José Díaz was born in Seville on May 3, 1895. A baker by profession since he was eleven years old, at the age of 18 he joined La Aurora, the Seville bakers union, which shortly after joined the anarchist National Confederation of Work. In 1917 he led a strike by bread workers and in 1920 he participated in the general strike decreed by the leadership of the CNT, which ended in failure. After the coup d'état of September 13, 1923 that established a military dictatorship in Spain, José Díaz continued his union work in hiding. He would be arrested in Madrid in 1925. In September 1927 he joined the Communist Party of Spain, already out of jail, together with a large part of the leaders of Seville anarchism.

At the IV Congress of the PCE, held in Seville in March 1932, he was elected a member of its Central Committee. A few months after the expulsion of the then general secretary, José Bullejos, at the request of the Communist International or Comintern, he was appointed general secretary. Díaz's arrival at the leadership of the PCE coincided with a generational renewal in the leadership of communism Spanish, as was the case with Antonio Mije, Jesús Hernández or Dolores Ibárruri. In addition to Díaz himself or Mije, among the Sevillian communists who also stood out was Saturnino Barneto Atienza, leader of the Seville port workers. José Díaz, Barneto was a former syndicalist from anarchism. Another prominent Sevillian communist was Manuel Delicado, who would later become a close associate of Díaz.

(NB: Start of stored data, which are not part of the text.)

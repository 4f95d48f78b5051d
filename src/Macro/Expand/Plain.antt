-- ===== src/Macro/Expand/Plain.antt =====
-- scripts/kconfig/preprocess.c: a text without `$` is its own expansion.
use kdevops.Prelude.{ℕ, suc, ◌≡◌, refl, ◌∙◌, true, false, Option, List, [], ◌∷◌, ◌==◌, arith, Bytes}
use kdevops.Config.Line.Laws.{lacks}
use kdevops.Macro.{MacroState, done, P, pure}
use kdevops.Macro.Laws.{bind-done}
use kdevops.Macro.Expand.{in_text, in_front, scan, never_ends, expand_string_with_args}

not_dollar :
    (c : ℕ) (s : Bytes) → lacks b'$' (c ∷ s) ≡ true → ((c == b'$') ≡ false) × (lacks b'$' s ≡ true)
not_dollar c s h = (ground (arith, h), ground (arith, h))

scan-text :
    (eval : Bytes → P Bytes) (c d : ℕ) (s : Bytes) (st : MacroState)
    → (c == b'$') ≡ false
    → scan never_ends eval in_text (c ∷ d ∷ s) st
      ≡ in_front (c ∷ []) (scan never_ends eval in_text (d ∷ s)) st
unfolding scan never_ends
scan-text eval c d s st h = rw h refl

scan-plain :
    (eval : Bytes → P Bytes) (s : Bytes) (st : MacroState)
    → lacks b'$' s ≡ true
    → scan never_ends eval in_text s st ≡ done (s, []) st
unfolding scan never_ends
scan-plain eval [] st h = refl
scan-plain eval (c ∷ []) st h = rw ((not_dollar c [] h).0) refl
scan-plain eval (c ∷ d ∷ s) st h =
    scan-text eval c d s st (not_dollar c (d ∷ s) h).0
    ∙ bind-done (scan never_ends eval in_text (d ∷ s)) (λ r. pure (c ∷ r.0, r.1)) st
        (scan-plain eval (d ∷ s) st (not_dollar c (d ∷ s) h).1)

module _ (getenv : Bytes → Option Bytes) (run : Bytes → Bytes) (current_file : Bytes)
    (yylineno : ℕ) where
  -- A text without `$` expands to itself, and nothing else happens.
  pub expand_string-plain :
      (fuel : ℕ) (s : Bytes) (args : List Bytes) (st : MacroState)
      → lacks b'$' s ≡ true
      → expand_string_with_args getenv run current_file yylineno (suc fuel) s args st ≡ done s st
  unfolding expand_string_with_args
  expand_string-plain fuel s args st h =
      bind-done (scan never_ends _ in_text s) (λ r. pure r.0) st (scan-plain _ s st h)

After a few years of radicalism, José Díaz promoted, from the summer of 1933, a rapprochement with other left-wing political forces to constitute the Popular Front together with the socialists and left-wing republicans. In June 1935 he gave a speech at the Cine Pardiñas in which he advocated the creation of a "Popular Antifascist Concentration". Shortly after, in the February 1936 elections, he was elected deputy for Madrid. Around this time, he also maintained contacts with the PSOE that led to the establishment of a body made up of both parties to coordinate the political actions of both.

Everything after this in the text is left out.